- Problem to work on -
Reproduce the entries below exactly, but only from the line containing "timeout_run host b'" to the line containing "rate_ticked b ctor_period now last_status o", inclusive.

- Supplied data -
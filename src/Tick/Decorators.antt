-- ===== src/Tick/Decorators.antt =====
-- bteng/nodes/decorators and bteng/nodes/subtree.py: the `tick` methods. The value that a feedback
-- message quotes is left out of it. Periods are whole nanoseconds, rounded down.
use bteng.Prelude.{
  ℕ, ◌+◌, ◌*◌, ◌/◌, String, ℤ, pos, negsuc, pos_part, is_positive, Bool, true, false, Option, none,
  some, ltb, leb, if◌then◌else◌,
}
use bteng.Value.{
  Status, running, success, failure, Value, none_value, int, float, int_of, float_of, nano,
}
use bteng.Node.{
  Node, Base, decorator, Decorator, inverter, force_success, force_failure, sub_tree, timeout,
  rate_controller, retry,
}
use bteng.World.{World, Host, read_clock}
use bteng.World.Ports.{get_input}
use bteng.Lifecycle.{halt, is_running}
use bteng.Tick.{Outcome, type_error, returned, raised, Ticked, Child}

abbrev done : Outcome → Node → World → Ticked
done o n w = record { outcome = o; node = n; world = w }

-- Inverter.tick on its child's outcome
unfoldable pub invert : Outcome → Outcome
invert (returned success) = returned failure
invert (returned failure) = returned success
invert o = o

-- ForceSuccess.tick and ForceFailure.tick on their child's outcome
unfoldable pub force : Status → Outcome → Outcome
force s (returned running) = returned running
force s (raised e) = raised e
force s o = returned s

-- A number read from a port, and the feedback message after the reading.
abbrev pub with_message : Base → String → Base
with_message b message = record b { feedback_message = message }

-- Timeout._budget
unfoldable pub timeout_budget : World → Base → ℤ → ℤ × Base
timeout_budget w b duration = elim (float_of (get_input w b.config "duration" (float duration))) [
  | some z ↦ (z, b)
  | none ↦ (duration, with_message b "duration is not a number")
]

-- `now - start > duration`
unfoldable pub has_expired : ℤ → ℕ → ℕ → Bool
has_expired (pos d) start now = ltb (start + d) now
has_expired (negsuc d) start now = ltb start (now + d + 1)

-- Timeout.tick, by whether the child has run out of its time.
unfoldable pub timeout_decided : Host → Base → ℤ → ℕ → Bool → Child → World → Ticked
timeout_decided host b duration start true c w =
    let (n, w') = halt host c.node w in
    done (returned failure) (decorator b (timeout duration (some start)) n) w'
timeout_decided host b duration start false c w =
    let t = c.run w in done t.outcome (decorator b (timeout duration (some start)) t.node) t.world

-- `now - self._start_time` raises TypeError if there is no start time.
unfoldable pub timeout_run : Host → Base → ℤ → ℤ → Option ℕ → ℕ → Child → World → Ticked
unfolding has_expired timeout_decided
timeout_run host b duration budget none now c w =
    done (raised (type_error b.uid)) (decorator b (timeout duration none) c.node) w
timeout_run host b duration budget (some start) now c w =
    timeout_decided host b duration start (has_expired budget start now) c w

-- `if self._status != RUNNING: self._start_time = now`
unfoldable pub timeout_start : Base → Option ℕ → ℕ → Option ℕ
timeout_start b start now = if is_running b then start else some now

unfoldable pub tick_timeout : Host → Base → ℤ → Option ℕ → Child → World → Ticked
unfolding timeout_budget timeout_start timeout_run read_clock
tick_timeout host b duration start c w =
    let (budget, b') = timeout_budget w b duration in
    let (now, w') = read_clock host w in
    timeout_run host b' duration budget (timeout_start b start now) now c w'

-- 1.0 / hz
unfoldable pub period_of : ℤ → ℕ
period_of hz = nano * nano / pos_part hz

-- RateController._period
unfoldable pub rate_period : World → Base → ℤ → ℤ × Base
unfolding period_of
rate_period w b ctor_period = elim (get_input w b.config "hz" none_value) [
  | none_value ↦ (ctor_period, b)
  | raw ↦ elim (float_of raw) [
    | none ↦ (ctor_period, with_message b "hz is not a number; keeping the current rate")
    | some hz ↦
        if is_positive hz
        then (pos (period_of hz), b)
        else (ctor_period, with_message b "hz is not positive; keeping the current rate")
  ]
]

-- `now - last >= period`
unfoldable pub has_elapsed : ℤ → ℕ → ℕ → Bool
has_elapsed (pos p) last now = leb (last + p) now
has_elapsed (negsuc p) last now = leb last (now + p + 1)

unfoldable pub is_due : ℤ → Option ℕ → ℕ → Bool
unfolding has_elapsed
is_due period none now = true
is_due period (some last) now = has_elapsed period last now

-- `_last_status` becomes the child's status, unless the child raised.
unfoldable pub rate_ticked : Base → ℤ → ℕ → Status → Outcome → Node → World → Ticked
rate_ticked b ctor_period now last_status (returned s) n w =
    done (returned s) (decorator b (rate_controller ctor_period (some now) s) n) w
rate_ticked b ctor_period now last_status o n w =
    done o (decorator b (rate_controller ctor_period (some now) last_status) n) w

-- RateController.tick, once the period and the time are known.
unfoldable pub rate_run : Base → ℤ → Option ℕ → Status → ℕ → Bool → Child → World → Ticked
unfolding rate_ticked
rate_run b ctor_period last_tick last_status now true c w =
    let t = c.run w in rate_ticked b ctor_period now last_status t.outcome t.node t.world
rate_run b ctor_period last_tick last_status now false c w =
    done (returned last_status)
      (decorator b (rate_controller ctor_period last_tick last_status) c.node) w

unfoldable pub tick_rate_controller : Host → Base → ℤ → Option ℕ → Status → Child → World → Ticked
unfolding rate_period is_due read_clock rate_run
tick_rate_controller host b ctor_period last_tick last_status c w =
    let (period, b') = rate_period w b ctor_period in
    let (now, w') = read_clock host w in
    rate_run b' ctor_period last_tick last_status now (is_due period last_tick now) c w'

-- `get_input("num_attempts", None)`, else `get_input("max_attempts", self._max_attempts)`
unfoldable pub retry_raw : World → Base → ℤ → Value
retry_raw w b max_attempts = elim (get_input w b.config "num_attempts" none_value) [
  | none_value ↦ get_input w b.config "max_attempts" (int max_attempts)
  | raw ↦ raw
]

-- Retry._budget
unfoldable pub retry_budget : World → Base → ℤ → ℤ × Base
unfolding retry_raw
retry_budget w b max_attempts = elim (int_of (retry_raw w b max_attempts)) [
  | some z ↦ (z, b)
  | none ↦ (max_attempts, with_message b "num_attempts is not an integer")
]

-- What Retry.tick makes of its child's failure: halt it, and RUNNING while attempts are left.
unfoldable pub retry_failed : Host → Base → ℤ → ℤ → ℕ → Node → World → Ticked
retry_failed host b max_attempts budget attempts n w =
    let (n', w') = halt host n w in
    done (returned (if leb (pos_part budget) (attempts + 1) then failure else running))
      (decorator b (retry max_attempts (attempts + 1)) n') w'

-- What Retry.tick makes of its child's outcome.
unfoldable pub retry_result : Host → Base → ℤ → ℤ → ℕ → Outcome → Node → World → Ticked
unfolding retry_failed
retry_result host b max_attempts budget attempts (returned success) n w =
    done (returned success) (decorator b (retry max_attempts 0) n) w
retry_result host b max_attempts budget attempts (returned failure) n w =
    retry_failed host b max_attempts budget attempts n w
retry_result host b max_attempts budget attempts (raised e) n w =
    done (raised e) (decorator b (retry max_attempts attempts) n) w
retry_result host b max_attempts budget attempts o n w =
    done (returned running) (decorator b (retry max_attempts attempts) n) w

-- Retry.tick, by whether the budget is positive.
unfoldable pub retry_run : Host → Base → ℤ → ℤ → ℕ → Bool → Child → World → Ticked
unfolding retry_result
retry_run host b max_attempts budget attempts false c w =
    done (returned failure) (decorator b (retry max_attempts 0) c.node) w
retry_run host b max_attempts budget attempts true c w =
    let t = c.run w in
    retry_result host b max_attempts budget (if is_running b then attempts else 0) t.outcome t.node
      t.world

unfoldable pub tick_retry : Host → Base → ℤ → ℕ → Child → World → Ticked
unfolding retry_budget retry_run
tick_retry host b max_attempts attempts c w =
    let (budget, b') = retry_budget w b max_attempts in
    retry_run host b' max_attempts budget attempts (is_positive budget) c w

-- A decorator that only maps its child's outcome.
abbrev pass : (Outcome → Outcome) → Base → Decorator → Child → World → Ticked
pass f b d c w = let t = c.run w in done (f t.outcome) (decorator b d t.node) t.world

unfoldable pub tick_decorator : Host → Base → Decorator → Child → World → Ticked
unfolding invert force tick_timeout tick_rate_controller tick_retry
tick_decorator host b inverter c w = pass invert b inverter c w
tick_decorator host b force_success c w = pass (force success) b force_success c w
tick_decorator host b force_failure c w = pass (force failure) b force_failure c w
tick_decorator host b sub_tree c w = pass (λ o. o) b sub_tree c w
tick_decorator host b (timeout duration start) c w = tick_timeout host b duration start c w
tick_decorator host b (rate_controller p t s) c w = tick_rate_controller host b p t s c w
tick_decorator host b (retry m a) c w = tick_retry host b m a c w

- Reply -
    timeout_run host b' duration budget (timeout_start b start now) now c w'

-- 1.0 / hz
unfoldable pub period_of : ℤ → ℕ
period_of hz = nano * nano / pos_part hz

-- RateController._period
unfoldable pub rate_period : World → Base → ℤ → ℤ × Base
unfolding period_of
rate_period w b ctor_period = elim (get_input w b.config "hz" none_value) [
  | none_value ↦ (ctor_period, b)
  | raw ↦ elim (float_of raw) [
    | none ↦ (ctor_period, with_message b "hz is not a number; keeping the current rate")
    | some hz ↦
        if is_positive hz
        then (pos (period_of hz), b)
        else (ctor_period, with_message b "hz is not positive; keeping the current rate")
  ]
]

-- `now - last >= period`
unfoldable pub has_elapsed : ℤ → ℕ → ℕ → Bool
has_elapsed (pos p) last now = leb (last + p) now
has_elapsed (negsuc p) last now = leb last (now + p + 1)

unfoldable pub is_due : ℤ → Option ℕ → ℕ → Bool
unfolding has_elapsed
is_due period none now = true
is_due period (some last) now = has_elapsed period last now

-- `_last_status` becomes the child's status, unless the child raised.
unfoldable pub rate_ticked : Base → ℤ → ℕ → Status → Outcome → Node → World → Ticked
rate_ticked b ctor_period now last_status (returned s) n w =
    done (returned s) (decorator b (rate_controller ctor_period (some now) s) n) w
rate_ticked b ctor_period now last_status o n w =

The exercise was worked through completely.